▶ [Try it]:
Using the listing below, please gather every line containing the word "antt".

▶ [Input material]:

* * *

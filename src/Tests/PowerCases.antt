-- ===== src/Tests/PowerCases.antt =====
-- Losses of power at concrete inputs, and the sampling thread.
use zephyr_uds.Base.{ℕ, Buffer, ◌≡◌, refl, List, [], ◌∷◌, holding, take}
use zephyr_uds.Types.{locked, brute_force_lockout}
use zephyr_uds.Platform.{default_config}
use zephyr_uds.Platform.WeakDefaults.{weak_defaults}
use zephyr_uds.Security.{Security, lockout_timer_expiry}
use zephyr_uds.Security.Persistence.{IsPersisted}
use zephyr_uds.Server.Lock.PowerLoss.{written, started}
use zephyr_uds.Server.Lock.PowerCuts.{expiry_writes, power_loss_in_expiry, cut_rounds}
use zephyr_uds.Periodic
use zephyr_uds.Tests.Bench.{World, zeros, put, blank, bench_os, bench_app, bench_nvs}
use zephyr_uds.Tests.LifeBench.{bench_behaved}

-- A lockout, and the power lost behind the first write at its end.
abbrev in_lockout : Security
in_lockout = record {
  status = brute_force_lockout;
  generated_seed = 1 ∷ 2 ∷ 3 ∷ 4 ∷ [];
  failed_attempts_counter = 3;
}

abbrev stored_lockout : World
stored_lockout = put (put blank 1 (3 ∷ [])) 2 (1 ∷ [])

stored_lockout-IsPersisted : IsPersisted default_config bench_os bench_app stored_lockout in_lockout
stored_lockout-IsPersisted = record { counter = refl; lockout = refl }

power_loss_in_expiry_example :
    let writes = expiry_writes default_config bench_os bench_app in
    let s' =
      started default_config bench_os bench_app
        (written default_config bench_os bench_app stored_lockout (take 1 writes)) in
    ((lockout_timer_expiry default_config bench_os stored_lockout in_lockout).0
      ≡ written default_config bench_os bench_app stored_lockout writes)
    × (s'.status ≡ brute_force_lockout)
    × (s'.failed_attempts_counter ≡ 3)
power_loss_in_expiry_example =
    power_loss_in_expiry default_config bench_os bench_app bench_nvs bench_behaved.up stored_lockout
      in_lockout 1 stored_lockout-IsPersisted refl

-- Four wrong keys with a limit of three, the power lost each time, and a fifth.
abbrev at_start : Security
at_start = record {
  status = locked;
  generated_seed = 0 ∷ 0 ∷ 0 ∷ 0 ∷ [];
  failed_attempts_counter = 0;
}

abbrev wrong : List ℕ
wrong = 1 ∷ 2 ∷ 3 ∷ 4 ∷ []

abbrev four_cuts : World × Security
four_cuts =
    cut_rounds default_config bench_os (weak_defaults World) blank at_start zeros
      (wrong ∷ wrong ∷ wrong ∷ wrong ∷ [])

-- Two identifiers, and a request that is too short.
abbrev requests : List (Buffer × ℕ)
requests =
    (holding (0x2A ∷ 0x01 ∷ 0x77 ∷ []), 3)
    ∷ (holding (0x2A ∷ []), 1)
    ∷ (holding (0x2A ∷ 0x01 ∷ 0x78 ∷ []), 3)
    ∷ []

* * *

▶ [Result of the exercise]:
filename src/Tests/PowerCases.antt
-- ===== src/Tests/PowerCases.antt =====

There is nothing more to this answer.